[Items from a dataset]
★ ★ ★

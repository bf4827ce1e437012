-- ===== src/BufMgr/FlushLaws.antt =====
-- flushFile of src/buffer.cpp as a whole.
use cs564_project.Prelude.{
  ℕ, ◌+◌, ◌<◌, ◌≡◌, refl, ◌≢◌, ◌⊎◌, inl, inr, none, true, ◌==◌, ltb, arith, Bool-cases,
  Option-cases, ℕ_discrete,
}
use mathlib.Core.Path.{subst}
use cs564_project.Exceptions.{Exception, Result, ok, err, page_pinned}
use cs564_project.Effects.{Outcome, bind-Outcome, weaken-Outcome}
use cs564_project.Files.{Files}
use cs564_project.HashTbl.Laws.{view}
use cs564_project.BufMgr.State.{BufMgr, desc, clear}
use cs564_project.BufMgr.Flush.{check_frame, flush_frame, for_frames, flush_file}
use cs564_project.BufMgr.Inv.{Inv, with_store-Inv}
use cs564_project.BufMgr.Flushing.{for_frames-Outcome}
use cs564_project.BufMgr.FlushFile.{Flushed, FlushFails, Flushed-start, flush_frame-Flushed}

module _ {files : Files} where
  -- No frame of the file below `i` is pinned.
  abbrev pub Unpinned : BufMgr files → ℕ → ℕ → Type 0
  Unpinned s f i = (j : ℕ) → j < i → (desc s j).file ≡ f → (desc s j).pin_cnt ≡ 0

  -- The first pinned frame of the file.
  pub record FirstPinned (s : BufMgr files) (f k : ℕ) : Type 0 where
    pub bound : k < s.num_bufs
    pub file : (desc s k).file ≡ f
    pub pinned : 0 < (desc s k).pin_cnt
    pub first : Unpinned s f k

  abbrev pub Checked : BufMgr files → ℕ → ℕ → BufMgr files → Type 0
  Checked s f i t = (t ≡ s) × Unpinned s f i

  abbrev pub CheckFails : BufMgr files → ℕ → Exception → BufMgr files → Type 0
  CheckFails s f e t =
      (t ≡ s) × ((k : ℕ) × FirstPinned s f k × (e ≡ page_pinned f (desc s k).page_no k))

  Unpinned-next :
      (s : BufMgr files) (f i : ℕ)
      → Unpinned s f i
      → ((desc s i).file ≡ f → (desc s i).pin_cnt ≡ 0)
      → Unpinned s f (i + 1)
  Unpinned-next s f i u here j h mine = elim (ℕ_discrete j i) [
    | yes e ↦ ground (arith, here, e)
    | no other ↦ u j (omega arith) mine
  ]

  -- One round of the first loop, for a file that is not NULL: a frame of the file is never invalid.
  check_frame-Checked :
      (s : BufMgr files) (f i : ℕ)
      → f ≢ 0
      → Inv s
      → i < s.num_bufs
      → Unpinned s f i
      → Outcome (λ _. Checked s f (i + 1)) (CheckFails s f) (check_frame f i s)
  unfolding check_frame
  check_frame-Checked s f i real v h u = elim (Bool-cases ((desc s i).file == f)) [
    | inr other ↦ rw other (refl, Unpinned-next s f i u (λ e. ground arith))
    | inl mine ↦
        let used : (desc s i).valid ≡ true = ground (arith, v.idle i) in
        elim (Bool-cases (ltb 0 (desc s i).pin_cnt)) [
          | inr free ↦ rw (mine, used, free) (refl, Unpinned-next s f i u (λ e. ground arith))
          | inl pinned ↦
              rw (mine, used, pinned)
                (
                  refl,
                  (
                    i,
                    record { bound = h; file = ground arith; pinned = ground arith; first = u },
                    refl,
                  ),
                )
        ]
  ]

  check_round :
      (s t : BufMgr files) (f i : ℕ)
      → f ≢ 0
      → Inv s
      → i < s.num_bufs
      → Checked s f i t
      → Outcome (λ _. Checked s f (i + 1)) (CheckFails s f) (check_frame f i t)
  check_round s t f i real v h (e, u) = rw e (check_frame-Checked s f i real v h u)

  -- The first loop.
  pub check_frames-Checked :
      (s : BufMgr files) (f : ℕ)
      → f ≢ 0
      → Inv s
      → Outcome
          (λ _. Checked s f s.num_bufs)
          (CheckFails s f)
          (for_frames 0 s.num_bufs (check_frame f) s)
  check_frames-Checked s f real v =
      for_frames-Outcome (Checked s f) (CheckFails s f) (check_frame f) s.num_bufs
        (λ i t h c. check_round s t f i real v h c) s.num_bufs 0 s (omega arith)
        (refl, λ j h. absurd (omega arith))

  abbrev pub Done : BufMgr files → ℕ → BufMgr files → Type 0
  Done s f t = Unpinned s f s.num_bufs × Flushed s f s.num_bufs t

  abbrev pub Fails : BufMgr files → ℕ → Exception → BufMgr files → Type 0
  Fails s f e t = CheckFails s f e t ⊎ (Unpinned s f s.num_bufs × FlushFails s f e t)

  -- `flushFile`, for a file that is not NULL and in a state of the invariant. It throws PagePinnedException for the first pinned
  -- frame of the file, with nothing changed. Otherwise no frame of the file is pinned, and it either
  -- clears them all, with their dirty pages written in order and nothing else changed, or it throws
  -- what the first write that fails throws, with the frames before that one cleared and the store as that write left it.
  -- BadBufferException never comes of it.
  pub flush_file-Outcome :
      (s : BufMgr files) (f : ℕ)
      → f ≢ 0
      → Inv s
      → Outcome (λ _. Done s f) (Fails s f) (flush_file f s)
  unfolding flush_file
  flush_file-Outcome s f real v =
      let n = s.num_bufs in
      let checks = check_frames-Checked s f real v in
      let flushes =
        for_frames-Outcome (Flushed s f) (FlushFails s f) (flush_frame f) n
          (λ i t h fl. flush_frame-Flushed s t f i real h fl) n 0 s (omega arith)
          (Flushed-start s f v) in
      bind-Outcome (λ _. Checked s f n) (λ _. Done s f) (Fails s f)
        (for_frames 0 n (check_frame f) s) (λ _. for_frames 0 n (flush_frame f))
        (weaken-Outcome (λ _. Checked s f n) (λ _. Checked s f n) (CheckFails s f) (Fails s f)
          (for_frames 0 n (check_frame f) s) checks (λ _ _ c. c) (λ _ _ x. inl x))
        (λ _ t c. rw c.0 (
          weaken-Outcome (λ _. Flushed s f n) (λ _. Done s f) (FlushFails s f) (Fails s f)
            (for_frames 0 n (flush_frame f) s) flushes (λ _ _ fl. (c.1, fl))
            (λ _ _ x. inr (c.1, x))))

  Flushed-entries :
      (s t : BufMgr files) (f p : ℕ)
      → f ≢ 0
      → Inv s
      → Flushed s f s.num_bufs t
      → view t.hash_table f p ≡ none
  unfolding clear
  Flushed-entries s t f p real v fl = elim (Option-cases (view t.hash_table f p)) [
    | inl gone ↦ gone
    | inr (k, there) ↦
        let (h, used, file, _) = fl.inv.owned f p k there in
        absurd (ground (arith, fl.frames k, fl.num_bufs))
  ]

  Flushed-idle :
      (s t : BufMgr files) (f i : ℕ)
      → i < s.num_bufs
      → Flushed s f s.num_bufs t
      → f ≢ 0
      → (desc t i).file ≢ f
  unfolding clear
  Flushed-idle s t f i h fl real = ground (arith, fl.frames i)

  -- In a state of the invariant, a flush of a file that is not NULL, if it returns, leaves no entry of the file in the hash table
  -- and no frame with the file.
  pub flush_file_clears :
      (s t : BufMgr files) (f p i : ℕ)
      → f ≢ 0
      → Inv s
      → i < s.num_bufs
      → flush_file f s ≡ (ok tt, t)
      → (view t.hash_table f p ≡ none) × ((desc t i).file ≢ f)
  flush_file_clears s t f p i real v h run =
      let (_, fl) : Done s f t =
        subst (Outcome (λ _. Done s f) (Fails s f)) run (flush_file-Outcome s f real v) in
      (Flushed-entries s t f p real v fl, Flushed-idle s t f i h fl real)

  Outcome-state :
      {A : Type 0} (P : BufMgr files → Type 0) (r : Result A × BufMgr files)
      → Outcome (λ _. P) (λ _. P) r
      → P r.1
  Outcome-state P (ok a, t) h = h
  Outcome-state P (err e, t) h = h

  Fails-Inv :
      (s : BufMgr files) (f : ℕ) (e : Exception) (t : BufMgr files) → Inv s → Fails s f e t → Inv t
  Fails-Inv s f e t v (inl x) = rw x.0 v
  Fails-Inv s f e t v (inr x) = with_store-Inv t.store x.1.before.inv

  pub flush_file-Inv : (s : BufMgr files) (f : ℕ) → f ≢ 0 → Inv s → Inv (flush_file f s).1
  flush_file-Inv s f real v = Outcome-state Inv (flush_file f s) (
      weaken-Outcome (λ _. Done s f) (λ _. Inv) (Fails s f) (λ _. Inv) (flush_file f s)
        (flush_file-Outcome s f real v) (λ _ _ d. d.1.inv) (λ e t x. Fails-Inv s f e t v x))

★ ★ ★

## What to work on
Filter the entries by the string "that" and copy each matching line.

## Your solution
  -- One round of the first loop, for a file that is not NULL: a frame of the file is never invalid.
  -- `flushFile`, for a file that is not NULL and in a state of the invariant. It throws PagePinnedException for the first pinned
  -- what the first write that fails throws, with the frames before that one cleared and the store as that write left it.
  -- In a state of the invariant, a flush of a file that is not NULL, if it returns, leaves no entry of the file in the hash table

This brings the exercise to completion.